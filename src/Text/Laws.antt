-- ===== src/Text/Laws.antt =====
-- Laws of byte strings that the components share.
use jjmcp.Base.{ℕ, ◌≡◌, ◌≢◌, refl, ap, true, false, [], ◌∷◌, ◌++◌, arith}
use jjmcp.Text.{Bytes, ◌=ᵇ◌, ends_with, pop_back}

-- The byte does not stand in the text.
abbrev pub Lacks : ℕ → Bytes → Type 0
Lacks b [] = Unit
Lacks b (c ∷ s) = (c ≢ b) × Lacks b s

pub Lacks-append : (b : ℕ) (s t : Bytes) → Lacks b s → Lacks b t → Lacks b (s ++ t)
Lacks-append b [] t hs ht = ht
Lacks-append b (c ∷ s) t (hc, hs) ht = (hc, Lacks-append b s t hs ht)

pub =ᵇ_refl : (s : Bytes) → (s =ᵇ s) ≡ true
unfolding ◌=ᵇ◌
=ᵇ_refl [] = refl
=ᵇ_refl (c ∷ s) = ground (arith, =ᵇ_refl s)

pub =ᵇ_sound : (s t : Bytes) → (s =ᵇ t) ≡ true → s ≡ t
unfolding ◌=ᵇ◌
=ᵇ_sound [] [] h = refl
=ᵇ_sound [] (d ∷ t) h = ground arith
=ᵇ_sound (c ∷ s) [] h = ground arith
=ᵇ_sound (c ∷ s) (d ∷ t) h = ground (arith, =ᵇ_sound s t)

pub =ᵇ_false : (s t : Bytes) → s ≢ t → (s =ᵇ t) ≡ false
=ᵇ_false s t ne = ground (arith, =ᵇ_sound s t)

pub ends_with-append : (c : ℕ) (s : Bytes) → ends_with c (s ++ c ∷ []) ≡ true
unfolding ends_with
ends_with-append c [] = ground arith
ends_with-append c (x ∷ []) = ground arith
ends_with-append c (x ∷ y ∷ s) = ends_with-append c (y ∷ s)

pub pop_back-append : (c : ℕ) (s : Bytes) → pop_back (s ++ c ∷ []) ≡ s
unfolding pop_back
pop_back-append c [] = refl
pop_back-append c (x ∷ []) = refl
pop_back-append c (x ∷ y ∷ s) = ap (λ r. x ∷ r) (pop_back-append c (y ∷ s))
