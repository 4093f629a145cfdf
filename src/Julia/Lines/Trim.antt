-- ===== src/Julia/Lines/Trim.antt =====
-- `trim_ascii`: what it keeps and what it drops.
use jjmcp.Base.{ℕ, ◌≡◌, refl, true, false, [], ◌∷◌, ◌++◌}
use jjmcp.Text.{Bytes}
use jjmcp.Julia.Lines.{is_blank, trim_back, trim_ascii}

abbrev pub AllBlank : Bytes → Type 0
AllBlank [] = Unit
AllBlank (c ∷ s) = (is_blank c ≡ true) × AllBlank s

pub trim_back_keep :
    (s : Bytes) (c : ℕ) → is_blank c ≡ false → trim_back (s ++ c ∷ []) ≡ s ++ c ∷ []
unfolding trim_back
trim_back_keep [] c h = rw h
trim_back_keep (x ∷ []) c h = rw h
trim_back_keep (x ∷ y ∷ s) c h = rw (trim_back_keep (y ∷ s) c h)

pub trim_back_blank : (w : Bytes) → AllBlank w → trim_back w ≡ []
unfolding trim_back
trim_back_blank [] h = refl
trim_back_blank (c ∷ w) (h, hw) = rw (trim_back_blank w hw, h)

pub trim_back-append : (s w : Bytes) → AllBlank w → trim_back (s ++ w) ≡ trim_back s
unfolding trim_back
trim_back-append [] w h = trim_back_blank w h
trim_back-append (c ∷ s) w h = rw (trim_back-append s w h)

-- A text that begins and ends with a byte that is not blank is left alone.
pub trim_ascii_bare :
    (a : ℕ) (s : Bytes) (b : ℕ)
    → is_blank a ≡ false
    → is_blank b ≡ false
    → trim_ascii (a ∷ (s ++ b ∷ [])) ≡ a ∷ (s ++ b ∷ [])
unfolding trim_ascii
trim_ascii_bare a s b ha hb = rw (trim_back_keep (a ∷ s) b hb, ha)
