-- ===== src/Text/Find.antt =====
-- Search in a text that is known in pieces: a pattern behind a piece in which it does not start.
use jjmcp.Base.{
  ℕ, ◌+◌, ◌≤◌, ◌≡◌, refl, inl, inr, true, false, [], ◌∷◌, ◌++◌, none, some, arith, length,
  Option-cases,
}
use jjmcp.Text.{Bytes, starts_with, find_first}

pub starts_with_self : (pat rest : Bytes) → starts_with pat (pat ++ rest) ≡ true
unfolding starts_with
starts_with_self [] rest = refl
starts_with_self (p ∷ pat) rest = ground (arith, starts_with_self pat rest)

-- No occurrence of the pattern begins inside `seg` when `rest` follows it.
abbrev pub NotWithin : Bytes → Bytes → Bytes → Type 0
NotWithin pat [] rest = Unit
NotWithin pat (c ∷ seg) rest =
    (starts_with pat (c ∷ (seg ++ rest)) ≡ false) × NotWithin pat seg rest

pub find_first-append_some :
    (pat seg rest : Bytes) (i : ℕ)
    → NotWithin pat seg rest
    → find_first pat rest ≡ some i
    → find_first pat (seg ++ rest) ≡ some (length seg + i)
unfolding find_first
find_first-append_some pat [] rest i h e = ground arith
find_first-append_some pat (c ∷ seg) rest i (h, hs) e =
    ground (arith, h, find_first-append_some pat seg rest i hs e)

pub find_first-append_none :
    (pat seg rest : Bytes)
    → NotWithin pat seg rest
    → find_first pat rest ≡ none
    → find_first pat (seg ++ rest) ≡ none
unfolding find_first
find_first-append_none pat [] rest h e = e
find_first-append_none pat (c ∷ seg) rest (h, hs) e =
    ground (arith, h, find_first-append_none pat seg rest hs e)

pub find_first_here :
    (pat text : Bytes) → starts_with pat text ≡ true → find_first pat text ≡ some 0
unfolding find_first starts_with
find_first_here [] [] h = refl
find_first_here [] (c ∷ text) h = refl
find_first_here (p ∷ pat) [] h = ground arith
find_first_here (p ∷ pat) (c ∷ text) h = ground (arith, h)

-- A pattern that does not stand at the head of the text is found further on, or not at all.
pub find_first_later :
    (pat text : Bytes) (i : ℕ) → starts_with pat text ≡ false → find_first pat text ≡ some i → 1 ≤ i
unfolding find_first starts_with
find_first_later [] [] i h e = ground arith
find_first_later (p ∷ pat) [] i h e = ground arith
find_first_later pat (c ∷ text) i h e = elim (Option-cases (find_first pat text)) [
  | inl no_more ↦ ground arith
  | inr (j, found) ↦ ground arith
]

-- A pattern right behind a piece in which it does not start is found there.
pub find_first_behind :
    (pat seg rest : Bytes)
    → NotWithin pat seg (pat ++ rest)
    → find_first pat (seg ++ (pat ++ rest)) ≡ some (length seg)
find_first_behind pat seg rest h =
    let found =
      find_first-append_some pat seg (pat ++ rest) 0 h
        (find_first_here pat (pat ++ rest) (starts_with_self pat rest)) in
    ground (arith, found)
--------------------------------
● **Task details**: Each entry above has to be transcribed exactly as it appears.

● **Response to this task**:
filename src/Text/Laws.antt
-- ===== src/Text/Laws.antt =====
-- Laws of byte strings that the components share.
use jjmcp.Base.{ℕ, ◌≡◌, ◌≢◌, refl, ap, true, false, [], ◌∷◌, ◌++◌, arith}
use jjmcp.Text.{Bytes, ◌=ᵇ◌, ends_with, pop_back}

-- The byte does not stand in the text.
abbrev pub Lacks : ℕ → Bytes → Type 0
Lacks b [] = Unit
Lacks b (c ∷ s) = (c ≢ b) × Lacks b s

pub Lacks-append : (b : ℕ) (s t : Bytes) → Lacks b s → Lacks b t → Lacks b (s ++ t)
Lacks-append b [] t hs ht = ht
Lacks-append b (c ∷ s) t (hc, hs) ht = (hc, Lacks-append b s t hs ht)

pub =ᵇ_refl : (s : Bytes) → (s =ᵇ s) ≡ true
unfolding ◌=ᵇ◌
=ᵇ_refl [] = refl
=ᵇ_refl (c ∷ s) = ground (arith, =ᵇ_refl s)

pub =ᵇ_sound : (s t : Bytes) → (s =ᵇ t) ≡ true → s ≡ t
unfolding ◌=ᵇ◌
=ᵇ_sound [] [] h = refl
=ᵇ_sound [] (d ∷ t) h = ground arith
=ᵇ_sound (c ∷ s) [] h = ground arith
=ᵇ_sound (c ∷ s) (d ∷ t) h = ground (arith, =ᵇ_sound s t)

pub =ᵇ_false : (s t : Bytes) → s ≢ t → (s =ᵇ t) ≡ false
=ᵇ_false s t ne = ground (arith, =ᵇ_sound s t)

pub ends_with-append : (c : ℕ) (s : Bytes) → ends_with c (s ++ c ∷ []) ≡ true
unfolding ends_with
ends_with-append c [] = ground arith
ends_with-append c (x ∷ []) = ground arith
ends_with-append c (x ∷ y ∷ s) = ends_with-append c (y ∷ s)

pub pop_back-append : (c : ℕ) (s : Bytes) → pop_back (s ++ c ∷ []) ≡ s
unfolding pop_back
pop_back-append c [] = refl
pop_back-append c (x ∷ []) = refl
pop_back-append c (x ∷ y ∷ s) = ap (λ r. x ∷ r) (pop_back-append c (y ∷ s))
repository 4093f629a145cfdf
filename src/Julia/Lines/Trim.antt
-- ===== src/Julia/Lines/Trim.antt =====
-- `trim_ascii`: what it keeps and what it drops.
use jjmcp.Base.{ℕ, ◌≡◌, refl, true, false, [], ◌∷◌, ◌++◌}
use jjmcp.Text.{Bytes}
use jjmcp.Julia.Lines.{is_blank, trim_back, trim_ascii}

abbrev pub AllBlank : Bytes → Type 0
AllBlank [] = Unit
AllBlank (c ∷ s) = (is_blank c ≡ true) × AllBlank s

pub trim_back_keep :
    (s : Bytes) (c : ℕ) → is_blank c ≡ false → trim_back (s ++ c ∷ []) ≡ s ++ c ∷ []
unfolding trim_back
trim_back_keep [] c h = rw h
trim_back_keep (x ∷ []) c h = rw h
trim_back_keep (x ∷ y ∷ s) c h = rw (trim_back_keep (y ∷ s) c h)

pub trim_back_blank : (w : Bytes) → AllBlank w → trim_back w ≡ []
unfolding trim_back
trim_back_blank [] h = refl
trim_back_blank (c ∷ w) (h, hw) = rw (trim_back_blank w hw, h)

pub trim_back-append : (s w : Bytes) → AllBlank w → trim_back (s ++ w) ≡ trim_back s
unfolding trim_back
trim_back-append [] w h = trim_back_blank w h
trim_back-append (c ∷ s) w h = rw (trim_back-append s w h)

-- A text that begins and ends with a byte that is not blank is left alone.
pub trim_ascii_bare :
    (a : ℕ) (s : Bytes) (b : ℕ)
    → is_blank a ≡ false
    → is_blank b ≡ false
    → trim_ascii (a ∷ (s ++ b ∷ [])) ≡ a ∷ (s ++ b ∷ [])
unfolding trim_ascii
trim_ascii_bare a s b ha hb = rw (trim_back_keep (a ∷ s) b hb, ha)
-- ===== src/Text/Find.antt =====
-- Search in a text that is known in pieces: a pattern behind a piece in which it does not start.
use jjmcp.Base.{
  ℕ, ◌+◌, ◌≤◌, ◌≡◌, refl, inl, inr, true, false, [], ◌∷◌, ◌++◌, none, some, arith, length,
  Option-cases,
}
use jjmcp.Text.{Bytes, starts_with, find_first}

pub starts_with_self : (pat rest : Bytes) → starts_with pat (pat ++ rest) ≡ true
unfolding starts_with
starts_with_self [] rest = refl
starts_with_self (p ∷ pat) rest = ground (arith, starts_with_self pat rest)

-- No occurrence of the pattern begins inside `seg` when `rest` follows it.
abbrev pub NotWithin : Bytes → Bytes → Bytes → Type 0
NotWithin pat [] rest = Unit
NotWithin pat (c ∷ seg) rest =
    (starts_with pat (c ∷ (seg ++ rest)) ≡ false) × NotWithin pat seg rest

pub find_first-append_some :
    (pat seg rest : Bytes) (i : ℕ)
    → NotWithin pat seg rest
    → find_first pat rest ≡ some i
    → find_first pat (seg ++ rest) ≡ some (length seg + i)
unfolding find_first
find_first-append_some pat [] rest i h e = ground arith
find_first-append_some pat (c ∷ seg) rest i (h, hs) e =
    ground (arith, h, find_first-append_some pat seg rest i hs e)

pub find_first-append_none :
    (pat seg rest : Bytes)
    → NotWithin pat seg rest
    → find_first pat rest ≡ none
    → find_first pat (seg ++ rest) ≡ none
unfolding find_first
find_first-append_none pat [] rest h e = e
find_first-append_none pat (c ∷ seg) rest (h, hs) e =
    ground (arith, h, find_first-append_none pat seg rest hs e)

pub find_first_here :
    (pat text : Bytes) → starts_with pat text ≡ true → find_first pat text ≡ some 0
unfolding find_first starts_with
find_first_here [] [] h = refl
find_first_here [] (c ∷ text) h = refl
find_first_here (p ∷ pat) [] h = ground arith
find_first_here (p ∷ pat) (c ∷ text) h = ground (arith, h)

-- A pattern that does not stand at the head of the text is found further on, or not at all.
pub find_first_later :
    (pat text : Bytes) (i : ℕ) → starts_with pat text ≡ false → find_first pat text ≡ some i → 1 ≤ i
unfolding find_first starts_with
find_first_later [] [] i h e = ground arith
find_first_later (p ∷ pat) [] i h e = ground arith
find_first_later pat (c ∷ text) i h e = elim (Option-cases (find_first pat text)) [
  | inl no_more ↦ ground arith
  | inr (j, found) ↦ ground arith
]

-- A pattern right behind a piece in which it does not start is found there.
pub find_first_behind :
    (pat seg rest : Bytes)
    → NotWithin pat seg (pat ++ rest)
    → find_first pat (seg ++ (pat ++ rest)) ≡ some (length seg)
find_first_behind pat seg rest h =
    let found =
      find_first-append_some pat seg (pat ++ rest) 0 h
        (find_first_here pat (pat ++ rest) (starts_with_self pat rest)) in
    ground (arith, found)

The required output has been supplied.